Most importantly, all forms of communication must include a clear Call-To-Action (CTA). The CTA encourages the person to do something. Example CTAs include:

  • Learn more
  • Join now
  • Get the details
  • Sign up

Of course, the content or communication conveyed above the Call-To-Action should be compelling and exciting enough to motivate the person to take the desired action.

3.  Community

The program cannot rest on its learning laurels alone. It needs to build in a community voice. If it's only geared to telling about a brand, it's a one-way conversation. There needs to be a community element where participants are interacting with each other.

Include ways to pull participants together as part of a community for peer-to-peer discussions that support the brand's narrative. Add in a third-party voice, such as product reviews. When a community and a third-party voice are joined to discuss the attributes of specific products or a brand, the messaging is much more powerful.

4.  Recognition/Rewards

As you develop your program, consider who is paying for these people to come. Are they coming on their own (organically), or is the employer paying for the peoples' time? For programs designed to build brand advocacy, people generally participate voluntarily and are not compensated by their employer.

It's imperative to recognize and be respectful of your participants' time. People want recognition for their time, effort, and achievements. Recognize and elevate them within the community pillar. It's a great way to nurture your community and generate enthusiasm for the program.

There are so many ways to recognize and reward participants. Some of these include:

  • Leaderboards and badging: Deliver these using gamification methods
  • Status levels: Send top status level participants recognition through the mail
  • Program currency: Participants can use currency to redeem points for merchandise

Find creative ways to recognize or reward participants throughout the course of the program. It helps to reinforce the value of what took place and encourages the use of what was learned in real-life settings.

Deliver Consistent Content On Set Schedules

At some point in life, many of us have heard, "Consistency is key to (fill in the blank)." The truth is, this adage is spot on most of the time, and it certainly is when it comes to delivering content on a consistent schedule. When content is done right, participants eagerly await the next program refresh when new training pieces are added.

Content is what breathes life into the pillars mentioned above. Committing to delivering new, relevant training content on a consistent schedule works wonders for driving repeat visits to your program. When participants know they can depend on accessing new content on a regular schedule, they will come back again and again.

Design To Deliver

Remember that there's no such thing as a one-size-fits-all corporate eLearning program.
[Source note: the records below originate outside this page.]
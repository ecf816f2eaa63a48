-- ===== src/Sockets/Slots/Grow.antt =====
-- Adding an element behind the last, with a new queue for it when the last is full.
use mathlib.Core.Option.{or_else}
use belt_pp.Base.{
  ℕ, suc, ◌+◌, ◌-◌, ◌^◌, ◌≤◌, ◌<◌, ◌≡◌, refl, sym, ap, ◌∙◌, arith, List, [], ◌∷◌, ◌++◌, Option,
  none, some, length, length-append, get_elem?, leb, ◌==◌, true, false, if◌then◌else◌, ok, dec_le,
  dec_lt, ℕ_discrete, get_elem?-append_left, get_elem?-append_last,
}
use belt_pp.Base.Words.{mul_size}
use belt_pp.Queue.{Queue, capacity, full, push, end_index, construct}
use belt_pp.Queue.Model.{lookup_from}
use belt_pp.Queue.Refine.{size_lem, get_elem?_beyond}
use belt_pp.Queue.Laws.{end-Holds, push-Holds, construct-Holds}
use belt_pp.Sockets.Slots.{next_id, first_queue, widen, make_room, push_last}
use belt_pp.Sockets.Slots.Held.{Segment, ends, look, top, Held, or_else_assoc}

module _ {ℓ} {A : Type ℓ} where
  -- The last queue is not full.
  abbrev pub HasRoom : List (Queue A) → Type 0
  HasRoom [] = ⊥
  HasRoom (q ∷ []) = q.size < capacity q
  HasRoom (q ∷ (r ∷ qs)) = HasRoom (r ∷ qs)

  or_else_right : (o : Option A) → o ≡ or_else o none
  unfolding or_else
  or_else_right none = refl
  or_else_right (some a) = refl

  HasRoom-cons : (q : Queue A) (qs : List (Queue A)) → HasRoom qs → HasRoom (q ∷ qs)
  HasRoom-cons q [] h = absurd h
  HasRoom-cons q (r ∷ qs) h = h

  pub lookup-nil : (base j : ℕ) → lookup_from {A = A} base [] j ≡ none
  unfolding lookup_from
  lookup-nil base j = elim (dec_le base j) [
    | no below ↦ let t : leb base j ≡ false = ground arith in rw t refl
    | yes above ↦ let t : leb base j ≡ true = ground arith in rw t refl
  ]

  pub lookup-last :
      (base : ℕ) (items : List A) (a : A) (j : ℕ)
      → lookup_from base (items ++ (a ∷ [])) j
        ≡ or_else (lookup_from base items j) (if j == base + length items then some a else none)
  unfolding lookup_from or_else
  lookup-last base items a j = elim (dec_le base j) [
    | no below ↦
        let t : leb base j ≡ false = ground arith in
        let s : (j == base + length items) ≡ false = ground arith in rw (t, s) refl
    | yes above ↦
        let t : leb base j ≡ true = ground arith in
        rw t (elim (dec_lt (j - base) (length items)) [
          | yes inside ↦
              let s : (j == base + length items) ≡ false = ground arith in
              let e = get_elem?-append_left items (a ∷ []) (j - base) inside in
              rw (s, e) (or_else_right (get_elem? items (j - base)))
          | no outside ↦
              rw (get_elem?_beyond items (j - base) (omega arith))
                (elim (ℕ_discrete (j - base) (length items)) [
                  | yes e ↦
                      let s : (j == base + length items) ≡ true = ground arith in
                      rw (s, e) (get_elem?-append_last items a)
                  | no ne ↦
                      let s : (j == base + length items) ≡ false = ground arith in
                      rw s (
                        get_elem?_beyond (items ++ (a ∷ [])) (j - base)
                          (omega (arith, length-append items (a ∷ []))))
                ])
        ])
  ]

module _ {ℓ} {A : Type ℓ} (blank : A) where
  pub next_id-Held :
      (lo : ℕ) (qs : List (Queue A)) (ss : List (Segment A))
      → Held blank lo qs ss
      → HasRoom qs
      → top lo ss < 2 ^ 62
      → next_id qs ≡ top lo ss
  unfolding next_id
  next_id-Held lo [] ss h room small = absurd room
  next_id-Held lo (q ∷ qs) [] h room small = absurd h.1
  next_id-Held lo (q ∷ []) (s ∷ []) (holds, _, _, _) room small = end-Holds blank holds small
  next_id-Held lo (q ∷ []) (s ∷ (t ∷ ss)) h room small = absurd h.3.1
  next_id-Held lo (q ∷ (r ∷ qs)) (s ∷ ss) (_, _, _, rest) room small =
      next_id-Held (ends s) (r ∷ qs) ss rest room small

  -- The same elements, in a list with room.
  pub record Widened (lo : ℕ) (ss : List (Segment A)) (qs' : List (Queue A)) : Type ℓ where
    pub segments : List (Segment A)
    pub held : Held blank lo qs' segments
    pub same_top : top lo segments ≡ top lo ss
    pub same_look : (j : ℕ) → look segments j ≡ look ss j
    pub has_room : HasRoom qs'

  widen_roomy : (q : Queue A) → full q ≡ false → widen blank (q ∷ []) ≡ ok (q ∷ [])
  unfolding widen
  widen_roomy q e = rw e

  widen_filled :
      (q r : Queue A)
      → full q ≡ true
      → construct blank (mul_size q.size 2) (end_index q) 0 ≡ ok r
      → widen blank (q ∷ []) ≡ ok (q ∷ (r ∷ []))
  unfolding widen
  widen_filled q r e made = rw (e, made)

  widen_later :
      (q r : Queue A) (qs rest : List (Queue A))
      → widen blank (r ∷ qs) ≡ ok rest
      → widen blank (q ∷ (r ∷ qs)) ≡ ok (q ∷ rest)
  unfolding widen
  widen_later q r qs rest e = rw (e, widen)

  widen_one :
      (lo : ℕ) (q : Queue A) (s : Segment A)
      → Held blank lo (q ∷ []) (s ∷ [])
      → ends s < 2 ^ 61
      → (qs' : List (Queue A)) × (widen blank (q ∷ []) ≡ ok qs') × Widened lo (s ∷ []) qs'
  unfolding full or_else
  widen_one lo q s (holds, above, room, _) small =
      let size = size_lem blank holds in
      elim (ℕ_discrete q.size (capacity q)) [
        | no some_left ↦
            let v = holds.valid in
            let fits = v.fits in
            (
              q ∷ [],
              widen_roomy q (ground arith),
              record {
                segments = s ∷ [];
                held = (holds, above, room, tt);
                same_top = refl;
                same_look = λ j. refl;
                has_room = omega arith;
              },
            )
        | yes none_left ↦
            let last = end-Holds blank holds (omega arith) in
            let (r, made, fresh, some_room) =
              construct-Holds blank (mul_size q.size 2) (end_index q) (omega arith) (omega arith)
                (omega arith) in
            (
              q ∷ (r ∷ []),
              widen_filled q r (ground arith) made,
              record {
                segments = s ∷ (record { base = end_index q; items = [] } ∷ []);
                held = (holds, above, room, (fresh, omega arith, some_room, tt));
                same_top = omega arith;
                same_look = λ j.
                    ap (λ o. or_else (lookup_from s.base s.items j) (or_else o none))
                      (lookup-nil (end_index q) j);
                has_room = let size' = size_lem blank fresh in omega arith;
              },
            )
      ]

  widen-Widened :
      (lo : ℕ) (q : Queue A) (qs : List (Queue A)) (ss : List (Segment A))
      → Held blank lo (q ∷ qs) ss
      → top lo ss < 2 ^ 61
      → (qs' : List (Queue A)) × (widen blank (q ∷ qs) ≡ ok qs') × Widened lo ss qs'
  unfolding or_else
  widen-Widened lo q qs [] h small = absurd h.1
  widen-Widened lo q [] (s ∷ []) h small = widen_one lo q s h small
  widen-Widened lo q [] (s ∷ (t ∷ ss)) h small = absurd h.3.1
  widen-Widened lo q (r ∷ qs) (s ∷ ss) (holds, above, room, rest) small =
      let (rest', run, w) = widen-Widened (ends s) r qs ss rest small in
      (
        q ∷ rest',
        widen_later q r qs rest' run,
        record {
          segments = s ∷ w.segments;
          held = (holds, above, room, w.held);
          same_top = w.same_top;
          same_look = λ j. ap (or_else (lookup_from s.base s.items j)) (w.same_look j);
          has_room = HasRoom-cons q rest' w.has_room;
        },
      )

  pub make_room-Widened :
      (capacity : ℕ) (qs : List (Queue A)) (ss : List (Segment A))
      → 0 < capacity
      → capacity ≤ 2 ^ 63
      → Held blank 0 qs ss
      → top 0 ss < 2 ^ 61
      → (qs' : List (Queue A)) × (make_room blank capacity qs ≡ ok qs') × Widened 0 ss qs'
  unfolding make_room first_queue or_else
  make_room-Widened capacity [] [] pos fits h small =
      let (q, made, fresh, room) = construct-Holds blank capacity 0 pos fits (omega arith) in
      let s : Segment A = record { base = 0; items = [] } in
      let (qs', run, w) = widen_one 0 q s (fresh, omega arith, room, tt) (omega arith) in
      (
        qs',
        rw made run,
        record {
          segments = w.segments;
          held = w.held;
          same_top = w.same_top;
          same_look = λ j. w.same_look j ∙ ap (λ o. or_else o none) (lookup-nil 0 j);
          has_room = w.has_room;
        },
      )
  make_room-Widened capacity [] (s ∷ ss) pos fits h small = absurd h.1
  make_room-Widened capacity (q ∷ qs) ss pos fits h small = widen-Widened 0 q qs ss h small

  -- One more element, under the id that was the next.
  pub record Pushed (lo : ℕ) (ss : List (Segment A)) (a : A) (qs' : List (Queue A)) : Type ℓ where
    pub segments : List (Segment A)
    pub held : Held blank lo qs' segments
    pub next_top : top lo segments ≡ suc (top lo ss)
    pub added :
        (j : ℕ) → look segments j ≡ or_else (look ss j) (if j == top lo ss then some a else none)

  push_one :
      (q q' : Queue A) (a : A) → push blank q a ≡ ok q' → push_last blank a (q ∷ []) ≡ ok (q' ∷ [])
  unfolding push_last
  push_one q q' a e = rw e

  push_later :
      (q r : Queue A) (qs rest : List (Queue A)) (a : A)
      → push_last blank a (r ∷ qs) ≡ ok rest
      → push_last blank a (q ∷ (r ∷ qs)) ≡ ok (q ∷ rest)
  unfolding push_last
  push_later q r qs rest a e = rw (e, push_last)

  pub push_last-Pushed :
      (lo : ℕ) (qs : List (Queue A)) (ss : List (Segment A)) (a : A)
      → Held blank lo qs ss
      → HasRoom qs
      → (qs' : List (Queue A)) × (push_last blank a qs ≡ ok qs') × Pushed lo ss a qs'
  unfolding or_else
  push_last-Pushed lo [] ss a h room = absurd room
  push_last-Pushed lo (q ∷ qs) [] a h room = absurd h.1
  push_last-Pushed lo (q ∷ []) (s ∷ []) a (holds, above, pos, _) room =
      let (q', pushed, holds', same) = push-Holds blank a holds room in
      (
        q' ∷ [],
        push_one q q' a pushed,
        record {
          segments = record { base = s.base; items = s.items ++ (a ∷ []) } ∷ [];
          held = (holds', above, omega arith, tt);
          next_top = omega (arith, length-append s.items (a ∷ []));
          added = λ j.
              ap (λ o. or_else o none) (lookup-last s.base s.items a j)
              ∙ sym (or_else_right _)
              ∙ ap (λ o. or_else o (if j == ends s then some a else none))
                  (or_else_right (lookup_from s.base s.items j));
        },
      )
  push_last-Pushed lo (q ∷ []) (s ∷ (t ∷ ss)) a h room = absurd h.3.1
  push_last-Pushed lo (q ∷ (r ∷ qs)) (s ∷ ss) a (holds, above, pos, rest) room =
      let (rest', run, p) = push_last-Pushed (ends s) (r ∷ qs) ss a rest room in
      (
        q ∷ rest',
        push_later q r qs rest' a run,
        record {
          segments = s ∷ p.segments;
          held = (holds, above, pos, p.held);
          next_top = p.next_top;
          added = λ j.
              ap (or_else (lookup_from s.base s.items j)) (p.added j)
              ∙ or_else_assoc (lookup_from s.base s.items j) (look ss j)
                  (if j == top (ends s) ss then some a else none);
        },
      )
There are many things to consider in developing a successful eLearning program designed to increase brand advocacy.

Start by identifying your target audience, measuring their sentiment toward your brand, and understanding the landscape of who else is vying for their attention. Align this information with your goals to design an eLearning program that delivers increased brand awareness and advocacy among your target audience.

What design elements have you implemented to help drive brand advocacy? I'd like to understand how successful they've been to your efforts.